Knarz. Verdammt. Diese eine lose Holzdiele.
Helene tauchte unter dem Rascheln ihrer kohlengrauen Röcke und mit einer dampfenden Tasse Tee in der Hand aus dem hinteren Salon auf. »Mileva! Wir warten auf Sie! Haben Sie das etwa vergessen?« Sie nahm mich bei der Hand und zog mich mit sich zum hinteren Salon, den wir unter uns inzwischen das Spielzimmer nannten. Wir fanden, wir konnten dem Raum gut einen anderen Namen geben, da wir die Einzigen waren, die ihn nutzten.
Ich lachte. Wie hätte ich die letzten Monate in Zürich bloß ohne die anderen Mädchen überstanden? Milana, Ruzica und vor allem Helene, die mit ihrer Schlagfertigkeit, ihrer gütigen Art und seltsamerweise einem ganz ähnlichen Hinken wie eine Seelenverwandte für mich war.

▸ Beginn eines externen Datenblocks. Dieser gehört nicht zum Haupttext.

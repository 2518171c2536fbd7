-- ===== src/Store/Entries.antt =====
-- The state of EnvelopeStore (internal/dht/store.go), its maps, and the history of superseded
-- envelopes. A map is a list of its keys and values, no key twice; the model goes through it in the
-- list's order where Go's order is unspecified. Times are seconds and not negative.
use freens.Prelude.{
  ℕ, zero, suc, ◌+◌, ◌-◌, ◌%◌, ◌^◌, Bool, true, false, ◌&&◌, ◌||◌, ltb, ◌==◌, List, [], ◌∷◌, ◌++◌,
  length, take, Bytes, bytes_eq, bytes_compare, Ordering, Option, none, some, if◌then◌else◌,
}
use freens.Wire.Record.{Envelope, Platform, hash_len, record_hash}

-- `last_access` is in unix seconds, `size` the cached length of the envelope's encoding.
pub record Entry : Type 0 where
  pub env : Envelope
  pub size : ℕ
  pub last_access : ℕ

module _ {V : Type 0} where
  -- `m[k]`, `delete(m, k)` and `m[k] = v`.
  unfoldable pub lookup : Bytes → List (Bytes × V) → Option V
  lookup k [] = none
  lookup k ((j, v) ∷ m) = if bytes_eq j k then some v else lookup k m

  unfoldable pub delete : Bytes → List (Bytes × V) → List (Bytes × V)
  delete k [] = []
  delete k ((j, v) ∷ m) = if bytes_eq j k then m else (j, v) ∷ delete k m

  abbrev pub insert : Bytes → V → List (Bytes × V) → List (Bytes × V)
  insert k v m = (k, v) ∷ delete k m

abbrev pub history_max : ℕ
history_max = 4096

abbrev pub history_max_bytes : ℕ
history_max_bytes = 16777216

abbrev pub evidence_max_bytes : ℕ
evidence_max_bytes = 16777216

abbrev pub node_storage_max : ℕ
node_storage_max = 268435456

abbrev pub expiry_grace : ℕ
expiry_grace = 86400

pub record EnvelopeStore : Type 0 where
  pub max_bytes : ℕ
  pub entries : List (Bytes × Entry)
  pub bytes : ℕ
  pub history : List (Bytes × Entry)
  pub hist_max_bytes : ℕ
  pub history_bytes : ℕ
  pub evidence : List (Bytes × Bytes)
  pub evidence_order : List Bytes
  pub evid_max_bytes : ℕ
  pub evidence_bytes : ℕ

-- NewEnvelopeStore; `max_bytes` is 0 where the argument is not positive.
unfoldable pub new_envelope_store : ℕ → EnvelopeStore
new_envelope_store max_bytes = record {
  max_bytes = if max_bytes == 0 then node_storage_max else max_bytes;
  entries = [];
  bytes = 0;
  history = [];
  hist_max_bytes = history_max_bytes;
  history_bytes = 0;
  evidence = [];
  evidence_order = [];
  evid_max_bytes = evidence_max_bytes;
  evidence_bytes = 0;
}

-- `copy(k[:], b)` into an array of 32 zeros.
zeros : ℕ → Bytes
zeros zero = []
zeros (suc n) = 0 ∷ zeros n

unfoldable pub to_key : Bytes → Bytes
unfolding zeros
to_key b = take hash_len (b ++ zeros hash_len)

-- aliveLocked: the sum is an int64, so that from 2^63 on it is negative, and before every `now`.
unfoldable pub alive : Entry → ℕ → Bool
alive e now =
    let until = (e.env.body.expires + expiry_grace) % 2 ^ 64 in ltb until (2 ^ 63) && ltb now until

abbrev pub is_lt : Ordering → Bool
is_lt Ordering.lt = true
is_lt Ordering.eq = false
is_lt Ordering.gt = false

-- `k` with its last access comes before the one found so far.
unfoldable pub earlier : Bytes → ℕ → Option (Bytes × ℕ) → Bool
earlier k last none = true
earlier k last (some (found, found_last)) =
    ltb last found_last || (last == found_last && is_lt (bytes_compare k found))

-- The scan for the entry touched first, ties going to the smaller key; `skip` tells the keys left out.
unfoldable pub least_accessed :
    (Bytes → Bool) → Option (Bytes × ℕ) → List (Bytes × Entry) → Option (Bytes × ℕ)
least_accessed skip best [] = best
least_accessed skip best ((k, e) ∷ m) =
    let kept = least_accessed skip best m in
    let replaced = least_accessed skip (some (k, e.last_access)) m in
    if skip k then kept else (if earlier k e.last_access best then replaced else kept)

abbrev pub size_of : Option Entry → ℕ
size_of none = 0
size_of (some e) = e.size

unfoldable pub evict_history_oldest : EnvelopeStore → EnvelopeStore
evict_history_oldest s = elim (least_accessed (λ k. false) none s.history) [
  | none ↦ s
  | some (k, last) ↦ record s {
    history_bytes = s.history_bytes - size_of (lookup k s.history);
    history = delete k s.history;
  }
]

abbrev pub history_full : EnvelopeStore → Bool
history_full s =
    (ltb history_max (length s.history) || ltb s.hist_max_bytes s.history_bytes)
    && ltb 1 (length s.history)

-- The loop at the end of retainHistoryLocked. Each round drops an entry.
unfoldable pub evict_history : ℕ → EnvelopeStore → EnvelopeStore
evict_history zero s = s
evict_history (suc fuel) s =
    let rest = evict_history fuel (evict_history_oldest s) in if history_full s then rest else s

module _ (p : Platform) where
  -- The entry with its size computed where it is 0, as retainHistoryLocked leaves it.
  unfoldable pub sized : Entry → Entry
  sized e =
      if e.size == 0
      then (elim (p.marshal_envelope e.env) [ none ↦ e | some b ↦ record e { size = length b } ])
      else e

  unfoldable pub retain_history : Entry → EnvelopeStore → EnvelopeStore
  retain_history e s = elim (record_hash p e.env) [
    | none ↦ s
    | some h ↦
        let history = insert (to_key h) (sized e) s.history in
        evict_history (length history) (record s {
          history = history;
          history_bytes = s.history_bytes - size_of (lookup (to_key h) s.history) + (sized e).size;
        })
  ]

  -- RetainHistory, at the clock's time.
  unfoldable pub retain_envelope : Option Envelope → ℕ → EnvelopeStore → EnvelopeStore
  retain_envelope none now s = s
  retain_envelope (some env) now s =
      retain_history (record { env = env; size = 0; last_access = now }) s

unfoldable pub get_history : EnvelopeStore → Bytes → Option Envelope
get_history s h =
    if length h == hash_len
    then (elim (lookup (to_key h) s.history) [ none ↦ none | some e ↦ some e.env ])
    else none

Warum hatte ich sie nicht vom ersten Tag an in mein Leben gelassen?
Als mein Vater und ich einige Monate zuvor nach Zürich gekommen waren, hatte ich mir solche Freundschaften überhaupt nicht vorstellen können. Ich war es aus meiner gesamten Schulzeit gewohnt gewesen, mit meinen Mitschülern nicht gut auszukommen - im besten Fall gingen sie einfach nur auf Abstand, im schlimmsten verspotteten sie mich -, und hatte mich ganz auf ein der Wissenschaft geweihtes, einsames Leben eingestellt. Doch es kam anders.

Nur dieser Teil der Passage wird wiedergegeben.